Sodium chloride replenishes extracellular sodium and chloride ions critical for maintaining fluid balance and cellular function. Potassium chloride provides potassium ions essential for cardiac and neuromuscular function. Sodium acetate serves as a bicarbonate precursor, metabolized in the liver to bicarbonate ions, which buffer excess hydrogen ions, correcting metabolic acidosis.

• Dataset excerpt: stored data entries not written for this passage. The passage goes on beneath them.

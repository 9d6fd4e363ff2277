-- ===== src/HttpParser/Printed.antt =====
-- The parser of src/http_parser.c on a request as a client writes it.
use mathlib.Core.List.{append-nil, append_assoc}
use emme.Prelude.{
  sym, ap, ◌∙◌, ℕ, ◌+◌, ◌≤◌, ◌<◌, ◌≡◌, refl, Bool, true, false, some, List, [], ◌∷◌, ◌++◌, Bytes,
  codes, has_prefix, length, length-append, arith,
}
use emme.Config.Numbers.{is_end, skip_spaces, is_space}
use emme.HttpParser.{
  HttpHeader, lines_from, all_upper, parse_request_line, parse_headers_from, request_of,
  parse_http_request, max_headers, max_request_line,
}
use emme.HttpParser.Lines.{Without, lines_from-line, split_at-append, Without-append}

-- A text that fits into a line: no NUL and no CR.
abbrev pub Clean : Bytes → Type 0
Clean s = Without 0 s × Without 13 s

abbrev pub request_line : Bytes → Bytes → Bytes → Bytes
request_line method path version = method ++ (b' ' ∷ path ++ (b' ' ∷ version))

-- A field, a colon, a space, the value
abbrev pub header_line : HttpHeader → Bytes
header_line h = h.field ++ (b':' ∷ b' ' ∷ h.value)

abbrev starts_with_space : Bytes → Bool
starts_with_space [] = false
starts_with_space (c ∷ s) = is_space c

pub record WellFormed (h : HttpHeader) : Type 0 where
  pub named : is_end h.field ≡ false
  pub field : Clean h.field
  pub no_colon : Without b':' h.field
  pub value : Clean h.value
  pub no_space : starts_with_space h.value ≡ false

pub data AllWellFormed : List HttpHeader → Type 0 where
  no_headers : AllWellFormed []
  and_header :
      {hs : List HttpHeader} (h : HttpHeader)
      → WellFormed h
      → AllWellFormed hs
      → AllWellFormed (h ∷ hs)

abbrev pub print_headers : List HttpHeader → Bytes → Bytes
print_headers [] rest = 13 ∷ 10 ∷ rest
print_headers (h ∷ hs) rest = header_line h ++ (13 ∷ 10 ∷ print_headers hs rest)

abbrev header_lines : List HttpHeader → List Bytes → List Bytes
header_lines [] ls = [] ∷ ls
header_lines (h ∷ hs) ls = header_line h ∷ header_lines hs ls

append-Clean : (a b : Bytes) → Clean a → Clean b → Clean (a ++ b)
append-Clean a b v w = (Without-append 0 a b v.0 w.0, Without-append 13 a b v.1 w.1)

header_line-Clean : (h : HttpHeader) → WellFormed h → Clean (header_line h)
header_line-Clean h w =
    append-Clean h.field (b':' ∷ b' ' ∷ h.value) w.field
      ((grind arith, (grind arith, w.value.0)), (grind arith, (grind arith, w.value.1)))

lines_from-headers :
    (hs : List HttpHeader) (rest : Bytes)
    → AllWellFormed hs
    → lines_from false (print_headers hs rest) ≡ header_lines hs (lines_from false rest)
lines_from-headers _ rest no_headers = lines_from-line [] rest tt tt
lines_from-headers _ rest (and_header {hs} h w more) =
    let clean = header_line-Clean h w in
    lines_from-line (header_line h) (print_headers hs rest) clean.0 clean.1
    ∙ ap (λ ls. header_line h ∷ ls) (lines_from-headers hs rest more)

skip_spaces-none : (s : Bytes) → starts_with_space s ≡ false → skip_spaces s ≡ s
unfolding skip_spaces
skip_spaces-none [] h = refl
skip_spaces-none (c ∷ s) h = ground arith

skip_spaces-one : (s : Bytes) → starts_with_space s ≡ false → skip_spaces (b' ' ∷ s) ≡ s
unfolding skip_spaces is_space
skip_spaces-one s h = ground (arith, skip_spaces-none s h)

-- One round of the loop on a line that starts with a byte of the field
one_header :
    (c : ℕ) (f value : Bytes) (before : List HttpHeader) (ls : List Bytes)
    → Without b':' (c ∷ f)
    → starts_with_space value ≡ false
    → length before < max_headers
    → parse_headers_from (((c ∷ f) ++ (b':' ∷ b' ' ∷ value)) ∷ ls) before
      ≡ parse_headers_from ls (before ++ (record { field = c ∷ f; value = value } ∷ []))
unfolding parse_headers_from
one_header c f value before ls n sp b =
    ground (arith, split_at-append b':' (c ∷ f) (b' ' ∷ value) n, skip_spaces-one value sp)

any_header :
    (f value : Bytes) (before : List HttpHeader) (ls : List Bytes)
    → is_end f ≡ false
    → Without b':' f
    → starts_with_space value ≡ false
    → length before < max_headers
    → parse_headers_from ((f ++ (b':' ∷ b' ' ∷ value)) ∷ ls) before
      ≡ parse_headers_from ls (before ++ (record { field = f; value = value } ∷ []))
any_header [] value before ls e n sp b = absurd (ground (arith, e))
any_header (c ∷ f) value before ls e n sp b = one_header c f value before ls n sp b

parse_headers_from-lines :
    (hs before : List HttpHeader) (ls : List Bytes)
    → AllWellFormed hs
    → length before + length hs ≤ max_headers
    → parse_headers_from (header_lines hs ls) before ≡ some (before ++ hs)
unfolding parse_headers_from
parse_headers_from-lines _ before ls no_headers b = ap some (sym (append-nil before))
parse_headers_from-lines _ before ls (and_header {hs} h w more) b =
    any_header h.field h.value before (header_lines hs ls) w.named w.no_colon w.no_space
      (omega arith)
    ∙ parse_headers_from-lines hs (before ++ (h ∷ [])) ls more
        (omega (arith, length-append before (h ∷ [])))
    ∙ ap some (append_assoc before (h ∷ []) hs)

-- What the request line may be made of
pub record WellFormedLine (method path version : Bytes) : Type 0 where
  pub named : is_end method ≡ false
  pub upper : all_upper method ≡ true
  pub one_word : Without b' ' path
  pub clean : Clean path
  pub http : has_prefix version (codes "HTTP/") ≡ true
  pub clean_version : Clean version
  pub short : length (request_line method path version) ≤ max_request_line

all_upper-Without : (c : ℕ) (s : Bytes) → all_upper s ≡ true → c < b'A' → Without c s
unfolding all_upper
all_upper-Without c [] h l = tt
all_upper-Without c (d ∷ s) h l = (ground arith, all_upper-Without c s (ground arith) l)

parse_request_line-printed :
    (method path version : Bytes)
    → WellFormedLine method path version
    → parse_request_line (request_line method path version) ≡ some (method, path, version)
unfolding parse_request_line
parse_request_line-printed method path version w = ground (
  arith,
  w,
  split_at-append b' ' method (path ++ (b' ' ∷ version))
      (all_upper-Without b' ' method w.upper (omega arith)),
  split_at-append b' ' path version w.one_word,
)

request_line-Clean :
    (method path version : Bytes)
    → WellFormedLine method path version
    → Clean (request_line method path version)
request_line-Clean method path version w =
    append-Clean method (b' ' ∷ path ++ (b' ' ∷ version))
      (
        all_upper-Without 0 method w.upper (omega arith),
        all_upper-Without 13 method w.upper (omega arith),
      )
      (let rest =
          append-Clean path (b' ' ∷ version) w.clean
            ((grind arith, w.clean_version.0), (grind arith, w.clean_version.1)) in
        ((grind arith, rest.0), (grind arith, rest.1)))

-- A request that is written out, with a method of capitals, a path of one word, a version that starts with
-- HTTP/ and at most 20 headers `field: value`, and with any body behind it, is parsed into these parts.
pub parse_http_request-printed :
    (id method path version body : Bytes) (hs : List HttpHeader)
    → WellFormedLine method path version
    → AllWellFormed hs
    → length hs ≤ max_headers
    → parse_http_request id (request_line method path version ++ (13 ∷ 10 ∷ print_headers hs body))
      ≡ some (record {
        method = method;
        path = path;
        version = version;
        headers = hs;
        request_id = id;
      })
unfolding parse_http_request request_of
parse_http_request-printed id method path version body hs w all b =
    let clean = request_line-Clean method path version w in
    ground (
      arith,
      lines_from-line (request_line method path version) (print_headers hs body) clean.0 clean.1,
      lines_from-headers hs body all,
      parse_request_line-printed method path version w,
      parse_headers_from-lines hs [] (lines_from false body) all (omega arith),
    )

The combination restores electrolyte balance and acid-base homeostasis, improving cellular and systemic physiological functions.

Pharmacokinetics
  • Absorption: Immediate systemic availability upon intravenous administration.
  • Distribution: Electrolytes distribute predominantly in the extracellular fluid.
  • Metabolism: Sodium acetate is rapidly metabolized in the liver to bicarbonate.
  • Elimination: Sodium and potassium are primarily excreted by the kidneys. Acetate metabolism produces carbon dioxide and water.
  • Onset: Immediate upon infusion.
  • Half-life: Variable depending on renal function and metabolic status.
Pregnancy Category & Lactation
  • Pregnancy: No known teratogenic effects; use only if clearly indicated with monitoring.
  • Lactation: Electrolytes are naturally present in breast milk; considered safe.
Therapeutic Class
  • Electrolyte and Acid-Base Replacement Therapy.
  • Subclass: Crystalloid intravenous fluids with potassium supplementation and bicarbonate precursors.
Contraindications
  • Known hypersensitivity to components.
  • Hyperkalemia or severe renal failure without dialysis.
  • Hypernatremia or fluid overload conditions.
  • Metabolic alkalosis.
  • Anuria.
Warnings & Precautions
  • Monitor electrolytes and acid-base balance regularly.
  • Caution in renal impairment, heart failure, and predisposition to hyperkalemia.
  • Risk of arrhythmias with potassium imbalance.
  • Avoid rapid infusion to prevent volume overload or electrolyte disturbances.
Side Effects
  • Common: Injection site discomfort, mild electrolyte shifts.
  • Serious but rare: Cardiac arrhythmias, hyperkalemia-induced paralysis, volume overload.
Drug Interactions
  • Potassium-sparing diuretics, ACE inhibitors, ARBs increase hyperkalemia risk.
  • Digitalis toxicity risk altered by potassium levels.
  • Lithium clearance affected by sodium levels.
  • No significant CYP450 involvement.
Recent Updates or Guidelines
  • Increased emphasis on cautious potassium administration.
  • Use in balanced electrolyte solutions preferred to minimize chloride-associated acidosis.
Storage Conditions
  • Store at 20°C to 30°C, protect from freezing and light.
  • Use aseptically; discard if compromised.